Par conséquent, les PBR fournissent des contraintes cruciales sur le mouvement du sol sur les échelles de temps des rares et importants tremblements de terre de la faille de San Andreas.

Les chercheurs ont calculé la fragilité vectorielle (PGA et PGV/PGA) de chaque PBR étudié et modélisé l’âge de chaque roche à l’aide de datations d’exposition cosmogéniques au 10Be.
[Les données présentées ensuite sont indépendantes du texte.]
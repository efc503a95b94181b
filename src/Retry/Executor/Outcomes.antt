-- ===== src/Retry/Executor/Outcomes.antt =====
-- What Execute and ExecuteWithResult return, and after how many calls (internal/retry/retry.go).
use distributed_task_schedul.Prelude.{
  Option-cases, inl, inr, ℕ, suc, ◌≡◌, false, Option, none, some, arith, pos, ◌<ℤ◌, ◌<◌, ◌+◌, ◌+ℤ◌,
  subst, ◌∙◌, ap, zero, pos_part, ◌≤ℤ◌, ◌≤◌, +ℤ-pos, length, refl,
}
use distributed_task_schedul.Errors.{Error, Result, error_of, Result-cases}
use distributed_task_schedul.Retry.Policy.{Policy, refuses}
use distributed_task_schedul.Retry.Executor.{
  execute_loop, execute, exhausted, result_loop, execute_with_result,
}

module _ (policy : Policy) (ctx : ℕ → Option Error) (draws : ℕ → ℕ) where
  -- The call at attempt i fails with an error that the policy retries, and the wait after it is
  -- not cancelled.
  abbrev pub Retries : (ℕ → Option Error) → ℕ → Type 0
  Retries fn i =
      (e : Error) × (fn i ≡ some e) × (refuses policy.retryable e ≡ false) × (ctx i ≡ none)

  -- One round that fails and is retried.
  round_retries :
      (fn : ℕ → Option Error) (left attempt : ℕ) (last : Option Error) (e : Error)
      → fn attempt ≡ some e
      → refuses policy.retryable e ≡ false
      → ctx attempt ≡ none
      → pos attempt <ℤ policy.max_retries
      → let r = execute_loop policy ctx draws fn (suc left) attempt last in
        let rest = execute_loop policy ctx draws fn left (suc attempt) (some e) in
        (r.calls ≡ suc rest.calls) × (r.result ≡ rest.result)
  unfolding execute_loop
  round_retries fn left attempt last e f k c h = ground arith

  round_stops :
      (fn : ℕ → Option Error) (left attempt : ℕ) (last : Option Error)
      → fn attempt ≡ none
      → let r = execute_loop policy ctx draws fn (suc left) attempt last in
        (r.result ≡ none) × (r.calls ≡ 1)
  unfolding execute_loop
  round_stops fn left attempt last f = ground arith

  -- The context of a loop moved on by one attempt.
  shift :
      (fn : ℕ → Option Error) (a k : ℕ)
      → ((i : ℕ) → i < suc k → Retries fn (a + i))
      → (i : ℕ) → i < k
      → Retries fn (suc a + i)
  shift fn a k f i h =
      subst (Retries fn) (let e : a + suc i ≡ suc a + i = omega arith in e)
        (f (suc i) (omega arith))

  loop_succeeds :
      (m : ℕ) (fn : ℕ → Option Error) (left attempt : ℕ) (last : Option Error) (k : ℕ)
      → policy.max_retries ≡ pos m
      → attempt + left ≡ suc m
      → k < left
      → fn (attempt + k) ≡ none
      → ((i : ℕ) → i < k → Retries fn (attempt + i))
      → let r = execute_loop policy ctx draws fn left attempt last in
        (r.result ≡ none) × (r.calls ≡ suc k)
  loop_succeeds m fn zero a last k bound c h s f = absurd (omega arith)
  loop_succeeds m fn (suc left) a last zero bound c h s f =
      round_stops fn left a last (subst (λ n. fn n ≡ none) (let e : a + 0 ≡ a = omega arith in e) s)
  loop_succeeds m fn (suc left) a last (suc k) bound c h s f =
      let (e, fails, kept, running) =
        subst (Retries fn) (let q : a + 0 ≡ a = omega arith in q) (f 0 (omega arith)) in
      let (calls, result) =
        round_retries fn left a last e fails kept running (rw bound (omega arith)) in
      let (done, count) =
        loop_succeeds m fn left (suc a) (some e) k bound (omega arith) (omega arith)
          (subst (λ n. fn n ≡ none) (let q : a + suc k ≡ suc a + k = omega arith in q) s)
          (shift fn a k f) in
      (result ∙ done, calls ∙ ap suc count)

  rounds : (m : ℕ) → policy.max_retries ≡ pos m → pos_part (policy.max_retries +ℤ pos 1) ≡ suc m
  rounds m bound = rw (bound, +ℤ-pos m 1) (omega arith)

  -- If the call at attempt k is the first to succeed, within the retries allowed, and all before it
  -- fail with errors that are retried, Execute returns nil after k + 1 calls.
  pub execute-succeeds :
      (m : ℕ) (fn : ℕ → Option Error) (k : ℕ)
      → policy.max_retries ≡ pos m
      → k ≤ m
      → fn k ≡ none
      → ((i : ℕ) → i < k → Retries fn i)
      → let r = execute policy ctx draws fn in (r.result ≡ none) × (r.calls ≡ suc k)
  unfolding execute
  execute-succeeds m fn k bound h s f = rw (rounds m bound) (
      loop_succeeds m fn (suc m) 0 none k bound (omega arith) (omega arith)
        (subst (λ n. fn n ≡ none) (let q : k ≡ 0 + k = omega arith in q) s)
        (λ i p. subst (Retries fn) (let q : i ≡ 0 + i = omega arith in q) (f i p)))

  round_gives_up :
      (fn : ℕ → Option Error) (left attempt : ℕ) (last : Option Error) (e : Error)
      → fn attempt ≡ some e
      → refuses policy.retryable e ≡ false
      → policy.max_retries ≤ℤ pos attempt
      → let r = execute_loop policy ctx draws fn (suc left) attempt last in
        (r.result ≡ some (exhausted (some e))) × (r.calls ≡ 1)
  unfolding execute_loop
  round_gives_up fn left attempt last e f k h = ground arith

  loop_exhausts :
      (m : ℕ) (fn : ℕ → Option Error) (left attempt : ℕ) (last : Option Error) (e : Error)
      → policy.max_retries ≡ pos m
      → attempt + suc left ≡ suc m
      → ((i : ℕ) → i < left → Retries fn (attempt + i))
      → fn m ≡ some e
      → refuses policy.retryable e ≡ false
      → let r = execute_loop policy ctx draws fn (suc left) attempt last in
        (r.result ≡ some (exhausted (some e))) × (r.calls ≡ suc left)
  loop_exhausts m fn zero a last e bound c f g k =
      round_gives_up fn zero a last e
        (subst (λ n. fn n ≡ some e) (let q : m ≡ a = omega arith in q) g) k (rw bound (omega arith))
  loop_exhausts m fn (suc left) a last e bound c f g k =
      let (e', fails, kept, running) =
        subst (Retries fn) (let q : a + 0 ≡ a = omega arith in q) (f 0 (omega arith)) in
      let (calls, result) =
        round_retries fn (suc left) a last e' fails kept running (rw bound (omega arith)) in
      let (done, count) =
        loop_exhausts m fn left (suc a) (some e') e bound (omega arith) (shift fn a left f) g k in
      (result ∙ done, calls ∙ ap suc count)

  -- If every call fails with an error that is retried and no wait is cancelled, Execute makes
  -- max_retries + 1 calls and returns the last error, wrapped.
  pub execute-exhausts :
      (m : ℕ) (fn : ℕ → Option Error) (e : Error)
      → policy.max_retries ≡ pos m
      → ((i : ℕ) → i < m → Retries fn i)
      → fn m ≡ some e
      → refuses policy.retryable e ≡ false
      → let r = execute policy ctx draws fn in
        (r.result ≡ some (exhausted (some e))) × (r.calls ≡ suc m)
  unfolding execute
  execute-exhausts m fn e bound f g k = rw (rounds m bound) (
      loop_exhausts m fn m 0 none e bound (omega arith)
        (λ i p. subst (Retries fn) (let q : i ≡ 0 + i = omega arith in q) (f i p)) g k)

  loop_waits :
      (fn : ℕ → Option Error) (left attempt : ℕ) (last : Option Error)
      → let r = execute_loop policy ctx draws fn left attempt last in
        (r.calls ≤ left) × (length r.waits ≤ r.calls)
  unfolding execute_loop
  loop_waits fn zero a last = omega arith
  loop_waits fn (suc left) a last = elim (Option-cases (fn a)) [
    | inl q ↦ ground arith
    | inr (e, q) ↦ ground (arith, loop_waits fn left (suc a) (some e))
  ]

  -- Execute makes at most max_retries + 1 calls, none where max_retries is negative, and waits at
  -- most once after each: whatever the calls return, it ends.
  pub execute-calls-le :
      (fn : ℕ → Option Error)
      → let r = execute policy ctx draws fn in
        (r.calls ≤ pos_part (policy.max_retries +ℤ pos 1)) × (length r.waits ≤ r.calls)
  unfolding execute
  execute-calls-le fn = loop_waits fn (pos_part (policy.max_retries +ℤ pos 1)) 0 none

  loop-result :
      {T : Type 0} (fn : ℕ → Result T) (left attempt : ℕ) (last : Option Error)
      → let r = result_loop policy ctx draws fn left attempt last in
        let s = execute_loop policy ctx draws (λ i. error_of (fn i)) left attempt last in
        (r.calls ≡ s.calls) × (r.waits ≡ s.waits) × (error_of r.result ≡ s.result)
  unfolding execute_loop result_loop
  loop-result fn zero a last = (refl, refl, refl)
  loop-result fn (suc left) a last = elim (Result-cases (fn a)) [
    | inl (x, q) ↦ ground arith
    | inr (e, q) ↦ ground (arith, loop-result fn left (suc a) (some e))
  ]

  -- ExecuteWithResult makes the calls and the waits that Execute makes on the function that forgets
  -- the result, and fails with the same error or succeeds as it does.
  pub execute_with_result-execute :
      {T : Type 0} (fn : ℕ → Result T)
      → let r = execute_with_result policy ctx draws fn in
        let s = execute policy ctx draws (λ i. error_of (fn i)) in
        (r.calls ≡ s.calls) × (r.waits ≡ s.waits) × (error_of r.result ≡ s.result)
  unfolding execute_with_result execute
  execute_with_result-execute fn = loop-result fn (pos_part (policy.max_retries +ℤ pos 1)) 0 none
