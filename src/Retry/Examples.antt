-- ===== src/Retry/Examples.antt =====
-- The theorems on retries at concrete inputs, and tests of the definitions (internal/retry/retry.go).
use distributed_task_schedul.Prelude.{
  wrap64, ℕ, ◌≤◌, ◌<◌, ◌≡◌, refl, [], ◌∷◌, Option, none, some, arith, ℤ, pos, ◌+ℤ◌, ◌*ℤ◌, ◌≤ℤ◌,
  ◌<ℤ◌, length, ltb, if◌then◌else◌,
}
use distributed_task_schedul.Errors.{
  Error, err_job_timeout, err_max_retries_exceeded, wrap, foreign, Result, ok, err,
}
use distributed_task_schedul.Models.Job.{Job, default_job, shift_one}
use distributed_task_schedul.Retry.Policy.{
  default_policy, default_policy_for_job, capped_backoff, should_retry,
}
use distributed_task_schedul.Retry.Backoff.{IsBounded, should_retry_window}
use distributed_task_schedul.Retry.Executor.{execute}
use distributed_task_schedul.Retry.Executor.Outcomes.{
  Retries, execute-succeeds, execute-exhausts, execute-calls-le,
}
use distributed_task_schedul.Retry.Breaker.{circuit_open, CircuitBreaker, new_circuit_breaker, run}
use distributed_task_schedul.Retry.Breaker.Invariant.{failures_at, failures-open}

default_policy-IsBounded : IsBounded default_policy
default_policy-IsBounded = omega arith

capped : capped_backoff 20 default_policy ≡ pos 1800000000000
unfolding capped_backoff shift_one wrap64 ◌*ℤ◌
capped = refl

abbrev payment : Job
payment = default_job 3 (pos 0) "process-payment" "{}"

should_retry_window_example :
    (pos 0 <ℤ pos 5
      → (d : ℤ) × (should_retry payment err_job_timeout (default_policy_for_job "process-payment") 4
          ≡ ok d)
        × (pos 1000000000 ≤ℤ d)
        × (d ≤ℤ pos 3610000000000))
    × (pos 5 ≤ℤ pos 0
        → should_retry payment err_job_timeout (default_policy_for_job "process-payment") 4
          ≡ err (wrap "retry_count, max_retries" err_max_retries_exceeded))
unfolding default_policy_for_job
should_retry_window_example = should_retry_window payment err_job_timeout 4

-- Two failures, then success.
abbrev flaky : ℕ → Option Error
flaky n = if ltb n 2 then some err_job_timeout else none

abbrev calm : ℕ → Option Error
calm n = none

flaky-Retries : (i : ℕ) → i < 2 → Retries default_policy calm (λ n. n) flaky i
flaky-Retries i h = (err_job_timeout, ground arith, refl, refl)

execute-succeeds_example :
    let r = execute default_policy calm (λ n. n) flaky in (r.result ≡ none) × (r.calls ≡ 3)
execute-succeeds_example =
    execute-succeeds default_policy calm (λ n. n) 3 flaky 2 refl (omega arith) refl flaky-Retries

abbrev broken : ℕ → Option Error
broken n = some (foreign "connection refused")

execute-exhausts_example :
    let r = execute default_policy calm (λ n. n) broken in
    (r.result ≡ some (wrap "all retries exhausted" (foreign "connection refused"))) × (r.calls ≡ 4)
execute-exhausts_example =
    execute-exhausts default_policy calm (λ n. n) 3 broken (foreign "connection refused") refl
      (λ i h. (foreign "connection refused", refl, refl, refl)) refl refl

execute-calls-le_example :
    let r = execute default_policy calm (λ n. n) broken in
    (r.calls ≤ 4) × (length r.waits ≤ r.calls)
unfolding ◌+ℤ◌
execute-calls-le_example = execute-calls-le default_policy calm (λ n. n) broken

abbrev third : ℕ → Result ℕ
third n = if ltb n 2 then err err_job_timeout else ok 42

abbrev breaker : CircuitBreaker
unfolding new_circuit_breaker
breaker = new_circuit_breaker (pos 0) (pos 3) (pos 100)

abbrev tripped : CircuitBreaker
tripped = record {
  failures = 3;
  threshold = pos 3;
  timeout = pos 100;
  last_failure = pos 50;
  state = circuit_open;
}

failures-open_example :
    (run breaker (failures_at (pos 5 ∷ pos 6 ∷ pos 7 ∷ []))).state ≡ circuit_open
unfolding new_circuit_breaker
failures-open_example = failures-open (pos 0) (pos 100) 3 (pos 5 ∷ pos 6 ∷ pos 7 ∷ []) (omega arith)
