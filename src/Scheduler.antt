-- ===== src/Scheduler.antt =====
-- The operations of Core (internal/scheduler/scheduler.go) on a queue and the tables of the store.
pub mod Jobs
pub mod Loops
pub mod Ticks
pub mod Recurring
pub mod Instances
pub mod Submission
pub mod Retries
pub mod Examples
pub mod Scenarios
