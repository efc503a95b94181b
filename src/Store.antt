-- ===== src/Store.antt =====
-- internal/store/postgres.go, on the tables of migrations/001_init.sql.
pub mod Tables
pub mod Jobs
pub mod Rows
pub mod Lookup
pub mod Trail
pub mod Listing
pub mod History
pub mod Audit
pub mod Heartbeats
pub mod Soundness
pub mod Reachable
pub mod Examples
mod Scenarios
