-- ===== src/Store/History.antt =====
-- GetJobHistory (internal/store/postgres.go). `order` is what ORDER BY created_at DESC does to the
-- rows. The id of an entry, which the database draws, is left out.
use distributed_task_schedul.Prelude.{
  ℕ, ℤ, Option, if◌then◌else◌, List, leb_ℤ, String, pos, ◌||◌, some, ◌∷◌, ltb_ℤ, pos_part, [], take,
  drop, none,
}
use distributed_task_schedul.Store.Tables.{Postgres, Entry, Tables, history_of}
use distributed_task_schedul.Models.Status.{JobStatus}
use distributed_task_schedul.Errors.{Result, Error, ◌>>=◌, ok, wrap_err, err, wrap, foreign}

-- JobHistory; `retry_count` and `scheduled_at` are its metadata.
pub record JobHistory : Type 0 where
  pub job_id : ℕ
  pub old_status : Option JobStatus
  pub new_status : JobStatus
  pub worker_id : String
  pub error_message : String
  pub retry_count : ℕ
  pub scheduled_at : ℤ
  pub created_at : ℤ

-- The default of the limit.
unfoldable pub history_limit : ℤ → ℕ
history_limit limit = if leb_ℤ limit (pos 0) || ltb_ℤ (pos 1000) limit then 100 else pos_part limit

-- Scan: the worker and the message are read into texts, which cannot take NULL.
unfoldable pub scan_history : Postgres → Entry → Result JobHistory
scan_history d e = do
  worker ← d.scan_text e.worker_id
  message ← d.scan_text e.error_message
  ok record {
    job_id = e.job_id;
    old_status = some e.old_status;
    new_status = e.new_status;
    worker_id = worker;
    error_message = message;
    retry_count = e.retry_count;
    scheduled_at = e.scheduled_at;
    created_at = e.created_at;
  }

-- The loop over the rows, which ends at the first that cannot be scanned.
unfoldable pub collect_history : Postgres → List Entry → Result (List JobHistory)
collect_history d [] = ok []
collect_history d (e ∷ es) = do
  entry ← wrap_err "scan history" (scan_history d e)
  entries ← collect_history d es
  ok (entry ∷ entries)

-- The server refuses a negative offset, which rows.Err() reports.
unfoldable pub get_job_history :
    Postgres
    → (order : List Entry → List Entry) → (failure : Option Error) → ℕ
    → (limit offset : ℤ) → Tables
    → Result (List JobHistory)
unfolding collect_history history_limit
get_job_history d order (some e) id limit offset t = err (wrap "get job history" e)
get_job_history d order none id limit offset t =
    let found = order (history_of id t.history) in
    if ltb_ℤ offset (pos 0)
    then err (foreign "OFFSET must not be negative")
    else collect_history d (take (history_limit limit) (drop (pos_part offset) found))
Ils ont utilisé ces données d’observation indépendantes de la survie du PBR à Lovejoy Buttes pour valider et mettre à jour rigoureusement un modèle de risque sismique (UCERF3 et SWUS) pour la section Mojave de la faille de San Andreas.

Ils ont noté qu’il est important de noter que cette validation spécifique au site prend en compte la probabilité conjointe de survie d’une population de cinq PBR et l’incertitude quant à la fragilité et à la caractérisation de l’âge de fragilité de chaque roche.

La validation avait testé l’ensemble de la distribution des estimations des risques pour mettre à jour les poids des extrémités de l’arbre logique en utilisant la mise à jour bayésienne afin de fournir une estimation améliorée des risques de tremblement de terre, basée sur le PBR.

Ils ont déclaré qu’à une fréquence annuelle de dépassement de 1×10-4 an-1, équivalente à une période de retour moyenne d’un séisme de 10 000 ans, les données de survie du PBR réduisent considérablement l’estimation moyenne du risque de mouvement du sol de 65 % et le 5e au 95e fractile. plage d’incertitude de 72 %.

« L’ampleur de l’incohérence entre les estimations du mouvement du sol et les données PBR est une preuve claire de la nécessité de réévaluer notre modèle de risque sismique pour la faille sud de San Andreas », ont déclaré les experts.

À l’heure actuelle, les modèles de risque sismique reposent principalement sur des extrapolations à partir d’une échelle de temps historique limitée et sur des enregistrements de mouvements du sol provenant de séismes passés.

Mais heureusement, un autre groupe de sentinelles a été témoin et capturé des données de ces tremblements depuis bien plus longtemps que les humains, qui sont les roches.

Lire aussi : Que se passera-t-il en cas de rupture de la faille de San Andreas ?

Faille de San Andreas

Les autorités ont déclaré que la zone de faille de San Andreas, longue de 1 200 kilomètres, fait partie de la frontière entre les plaques Pacifique et nord-américaine et est donc connue sous le nom de faille transformante.

Il relie généralement la montée du Pacifique Est dans le golfe de Californie à la jonction de la zone de fracture de Mendocino et de la zone de subduction Cascade au nord.

La plaque Pacifique s’est déplacée d’environ 300 kilomètres vers le nord par rapport à la plaque nord-américaine depuis le début de la faille, il y a environ 30 millions d’années.

Se déplaçant de 5 à 7 centimètres par an, la zone de faille de San Andreas est l’une des zones de failles les plus actives au monde.